You can consider using a diatom filter to polish the water while leaving the water chemistry largely as is. Haven't seen these in a while but they should still be available.


----------



## Jmlampert23 (Jul 25, 2012)

You can use Puritan from seachem. It comes in a pack and goes right into the filter. It will clear up the tannins in about a day or so


----------



## frrok (May 22, 2011)

Jmlampert23 said:


> You can use Puritan from seachem. It comes in a pack and goes right into the filter. It will clear up the tannins in about a day or so


i believe he meant Purigen. That will totally clear up your water and yes it should keep your ferts for your plants. But I don't think thats the route you want to take since you said you have a Amazon biotope. I would probably just keep up with water changes. It should keep your water black enough for your biotope but wont totally get rid of the tannins. fyi, purigen removes nitrates as well.


----------



## Jeff5614 (Dec 29, 2005)

Purigen or carbon will remove tannins with little to no impact on ferts.


----------



## TwoTacoCombo (Apr 13, 2012)

You can always go get a small HOB filter, load it with purigen, and only use it until you reach the desired level of tannins.


----------



## oscarsx (Mar 15, 2011)

Will a uv sterilizer work for tannis?

Sent from my DROID X2 using Tapatalk 2


----------



## shrimpNewbie (May 6, 2011)

^no :/


----------



## OverStocked (May 26, 2007)

Just do water changes more often. You'll find though that there is a reason you don't see many real "planted" blackwater tanks. Really slow growers are what you might see. Anubias and the like.


----------



## pandamonium (May 14, 2012)

I have looked into purigen and it's all got positive reviews but I dont have any space in my canister to have a "purigen level" so I don't know how effectively I can use it. I may just do water changes until the color balances out. I want the tea color but I also want to have my fish pop in my tank


----------



## jeremyTR (Mar 21, 2012)

Purigen is great. I would do what the previous poster said and get a cheap hob for Purigen and use it when needed.

Sent from my HTC Evo 4G


----------



## HD Blazingwolf (May 12, 2011)

the wood will stop leaching

at that point. grab Indian almond leaves and leave them untill the desired tint is reached then pull them out. or boil them and make ur own extract that ucan drop in at ur leisure


----------



## pandamonium (May 14, 2012)

I actually have an HOB now so maybe I can do that. Will that drop my nitrates too low for my plants though? Since a poster here said that it will absorb nitrates? 
And HD I think there are almond leaves in my area so I'll look into getting some of those once my wood stops leeching


----------



## jeremyTR (Mar 21, 2012)

No. It won't remove all your nitrates. I use it constantly but still have some nitrates. I can actually do a nitrate test to make sure when I get home today

Sent from my HTC Evo 4G


----------



## HD Blazingwolf (May 12, 2011)

pandamonium said:


> I actually have an HOB now so maybe I can do that. Will that drop my nitrates too low for my plants though? Since a poster here said that it will absorb nitrates?
> And HD I think there are almond leaves in my area so I'll look into getting some of those once my wood stops leeching


seachem states it will not remove ur dosed fertilizers. it will remove some of the organic based nitrates though. not all


----------



## pandamonium (May 14, 2012)

Ok awesome. If I can find the funds for Purigen and if my dad is willing to do it then certainly will! I have that spare HOB as well. Do you just throw it in there? Or do you have to bag it first? Never done this before


----------



## Diana (Jan 14, 2010)

It needs to be in a bag, but it is also sold prepackaged and ready to use. 

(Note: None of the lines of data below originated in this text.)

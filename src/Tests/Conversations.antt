-- ===== src/Tests/Conversations.antt =====
-- A whole call of `distributedCompile` of Extensions/Client/client.cpp.
use buildpal.Prelude.{
  ℕ, ◌^◌, ◌≡◌, sym, subst, leb, length, drop, refl, Bool, true, false, none, some, List, [], ◌∷◌,
  ◌++◌, arith, units,
}
use buildpal.Prelude.Assoc.{lookup, erase}
use buildpal.Client.Bytes.{to_byte_array}
use buildpal.Client.Message.{message, get_message, ok}
use buildpal.Client.Message.Roundtrip.{Fits}
use buildpal.Client.Environment.{get, remove, get_path, find_on_path}
use buildpal.Client.Requests.{serve}
use buildpal.Client.Distributed.{
  System, Arguments, Attempt, opened, busy, failed, connect, first_parts, command_arguments,
  insert_arguments, compile_env, or_else, execute, locate, locate_all, converse, begin, pipe_name,
  distributed_compile,
}
use buildpal.Client.Distributed.First.{
  Expanded, told, distributed_compile-first, serve-locate_files,
}

-- a manager whose pipe is busy at first, and one whose pipe cannot be opened
abbrev answers : Bool → List ℕ → List Attempt
answers true name = busy ∷ opened ∷ []
answers false name = busy ∷ failed ∷ []

-- a system without variables, on which every text is one argument
abbrev system : Bool → System
system opens = record {
  open_pipe = answers opens;
  process_env = λ name. none;
  process_directory = units "c:\\b";
  tokenize = λ command. units "cl" ∷ command ∷ [];
  expand_response_files = λ argv. some argv;
  directory_of = λ path. path;
  path_combine = λ dir file. dir ++ file;
  file_exists = λ file. false;
  decimal = λ n. units "0";
  create_process = λ start. none;
  create_piped = λ start. none;
  write = λ bytes. true;
  word = 2 ^ 64;
  stays = λ texts. leb (length texts) 1;
}

abbrev call : Arguments
call = record {
  toolset = units "msvc";
  executable = units "c:\\cl.exe";
  env = [];
  command_line = units "a.cpp";
  current_path = none;
  port_name = units "default";
  fallback_function = some 9;
}

abbrev call_parts : List (List ℕ)
call_parts = units "msvc" ∷ units "c:\\cl.exe" ∷ [] ∷ units "c:\\b" ∷ units "a.cpp" ∷ []

abbrev argv : List (List ℕ)
argv = units "cl" ∷ units "a.cpp" ∷ []

known : command_arguments (system true) call ≡ some argv
unfolding command_arguments compile_env insert_arguments get remove lookup erase
known = refl

call-Fits : Fits call_parts
call-Fits = record {
  words = ground arith;
  count = omega arith;
  size = unfold to_byte_array in omega arith;
}

told-call : told (system true) call (units "a.cpp" ∷ []) ≡ call_parts
unfolding get remove lookup erase
told-call = refl

Expanded-Fits :
    (rest : List (List ℕ)) → Expanded (system true) call rest → Fits (told (system true) call rest)
Expanded-Fits rest (given, program, e, x) =
    let same : units "a.cpp" ∷ [] ≡ rest = ground (arith, known, e, x) in
    subst (λ (r : List (List ℕ)). Fits (told (system true) call r)) same
      (subst Fits (sym told-call) call-Fits)

writes_first : (distributed_compile (system true) call 3 []).1 ≡ message call_parts ∷ []
unfolding distributed_compile begin converse connect pipe_name first_parts command_arguments
    compile_env or_else insert_arguments serve get_message get remove lookup erase drop
writes_first = refl

distributed_compile-first_example :
    (rest : List (List ℕ)) × Expanded (system true) call rest
    × (get_message (2 ^ 64) (message call_parts ++ (7 ∷ []))
        ≡ ok (told (system true) call rest) (7 ∷ []))
distributed_compile-first_example =
    distributed_compile-first (system true) call [] 3 [] (message call_parts) (7 ∷ []) (omega arith)
      Expanded-Fits writes_first

abbrev locate_parts : List (List ℕ)
locate_parts = units "LOCATE_FILES" ∷ units "c1.dll" ∷ []

locate_parts-Fits : Fits locate_parts
locate_parts-Fits = record {
  words = ground arith;
  count = omega arith;
  size = unfold to_byte_array in omega arith;
}

abbrev answer : List (List ℕ)
answer = locate (system true) call (units "c1.dll") ∷ []

nowhere : answer ≡ [] ∷ []
unfolding locate or_else find_on_path get_path compile_env get remove lookup erase
nowhere = refl

answer-Fits : Fits answer
answer-Fits = subst Fits (sym nowhere) (record {
  words = ground arith;
  count = omega arith;
  size = unfold to_byte_array in omega arith;
})

serve-locate_files_example :
    (let later =
        serve
          (2 ^ 64)
          (units "a.cpp")
          (execute (system true) call)
          (locate_all (system true) call)
          (λ bytes. true)
          0
          [] in
      serve
        (2 ^ 64)
        (units "a.cpp")
        (execute (system true) call)
        (locate_all (system true) call)
        (λ bytes. true)
        1
        (message locate_parts ++ [])
      ≡ (later.0, message answer ∷ later.1))
    × (get_message (2 ^ 64) (message answer ++ []) ≡ ok answer [])
serve-locate_files_example =
    serve-locate_files (system true) call 0 (units "c1.dll") [] [] [] (omega arith)
      (λ e. ground (arith, e)) refl locate_parts-Fits answer-Fits refl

Purigen can be rejuvenated and reused several times.


----------



## frrok (May 22, 2011)

Before purigen.








After--->









You'll love it. And it works fast!


----------



## pandamonium (May 14, 2012)

frrok, that difference is stunning! I would like it to be clear but not too much so. Maybe I should invest in that. Would help the fish brighten up a bit with more lighting.


----------



## frrok (May 22, 2011)

pandamonium said:


> frrok, that difference is stunning! I would like it to be clear but not too much so. Maybe I should invest in that. Would help the fish brighten up a bit with more lighting.


Thanks. Yea like I said. It polishes your water. So... You may just want to try water changes first then if it's not enough go with the purigen.


----------



## pandamonium (May 14, 2012)

I may decide to try it. I got a new lighting fixture today. 36'' 2x39W Odyssea to increase light along with CO2. problem is my floating plants and tannins make it difficult to actually see colors as well as in my 10 gallon tank. I will probably go on the hunt for Purigen tomorrow.


----------